Computing powers of a number

Although most languages have a builtin pow function that computes powers of a number, you can write a similar function recursively, and it can be very efficient. The only hitch is that the exponent has to be an integer.

Suppose you want to compute $x^n$, where $x$ is any real number and $n$ is any integer. It's easy if $n$ is $0$, since $x^0 = 1$ no matter what $x$ is. That's a good base case.

So now let's see what happens when $n$ is positive. Let's start by recalling that when you multiply powers of $x$, you add the exponents: $x^a . \space x^b = x^{a + b}$ for any base $x$ and any exponents $a$ and $b$. Therefore, if $n$ is positive and even, then $x^n = x^{n/2} . \space x^{n/2}$. If you were to compute $y = x^{n/2}$recursively, then you could compute $x^n = y . \space y$. What if $n$ is positive and odd? Then $x^n = x^{n-1} . \space x$, and $n - 1$ either is $0$ or is positive and even. We just saw how to compute powers of $x$ when the exponent either is $0$ or is positive and even. Therefore, you could compute $x^{n-1}$ recursively, and then use this result to compute $x^n = x^{n-1} . \space x$. What about when $n$ is negative? Then $x^n = \frac 1 {x^{-n}}$, and the exponent $-n$ is positive. So you can compute $x^{-n}$ recursively and take its reciprocal. Putting these observations together, we get the following recursive algorithm for computing $x^n$​:

• The base case is when $n = 0$, and $x^0 = 1$.
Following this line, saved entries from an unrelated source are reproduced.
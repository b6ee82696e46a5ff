-- ===== src/Proto.antt =====
-- service_go/gen/iris/v1 and service_go/gen/model/v1: the generated messages and their Reset.
-- A float32 is its IEEE 754 fields; the runtime's bookkeeping is a cached size and unknown fields.
pub mod Clients
use ai_gateway_monitor.Common.{ℕ, String, List, [], ℤ, pos, Bool, false}

-- IEEE 754 binary32: sign bit, 8 bits of exponent, 23 bits of fraction.
pub record Float32 : Type 0 where
  pub negative : Bool
  pub exponent : ℕ
  pub fraction : ℕ

abbrev pub zero_f32 : Float32
zero_f32 = record { negative = false; exponent = 0; fraction = 0 }

pub record IrisPredictRequest : Type 0 where
  pub sepal_length : Float32
  pub sepal_width : Float32
  pub petal_length : Float32
  pub petal_width : Float32
  pub unknown_fields : List ℕ
  pub size_cache : ℤ

-- `IrisPredictRequest{}`, the value that `new` gives and `Reset` writes.
abbrev pub empty_iris_request : IrisPredictRequest
empty_iris_request = record {
  sepal_length = zero_f32;
  sepal_width = zero_f32;
  petal_length = zero_f32;
  petal_width = zero_f32;
  unknown_fields = [];
  size_cache = pos 0;
}

-- `(*IrisPredictRequest).Reset`
unfoldable pub reset : IrisPredictRequest → IrisPredictRequest
reset x = empty_iris_request

pub record IrisPredictResponse : Type 0 where
  pub class_id : ℤ
  pub class_name : String

abbrev pub empty_iris_response : IrisPredictResponse
empty_iris_response = record { class_id = pos 0; class_name = "" }

pub record ModelPredictRequest : Type 0 where
  pub prompt : String

pub record ModelPredictResponse : Type 0 where
  pub response : String
  pub model_name : String
  pub prompt_eval_count : ℤ
  pub eval_count : ℤ
  pub eval_duration : ℤ

abbrev pub empty_model_response : ModelPredictResponse
empty_model_response = record {
  response = "";
  model_name = "";
  prompt_eval_count = pos 0;
  eval_count = pos 0;
  eval_duration = pos 0;
}

abbrev empty_model_request : ModelPredictRequest
empty_model_request = record { prompt = "" }

-- `Reset` of the other messages. What they do not show of the runtime is left out, and `Reset`
-- empties it too.
unfoldable pub reset_iris_response : IrisPredictResponse → IrisPredictResponse
reset_iris_response x = empty_iris_response

unfoldable pub reset_model_request : ModelPredictRequest → ModelPredictRequest
reset_model_request x = empty_model_request

unfoldable pub reset_model_response : ModelPredictResponse → ModelPredictResponse
reset_model_response x = empty_model_response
• If $n$ is positive and even, recursively compute $y = x^{n/2}$ and then $x^n = y . \space y$. Notice that you can get away with making just one recursive call in this case, computing $x^{n/2}$ just once, and then you multiply the result of this recursive call by itself.

• If $n$ is positive and odd, recursively compute $x^{n-1}$, so that the exponent either is $0$ or is positive and even. Then, $x^n = x^{n-1} . \space x$

• If $n$ is negative, recursively compute $x^{- n}$, so that the exponent becomes positive. Then, $x^n = \frac 1 {x^{-n}}$.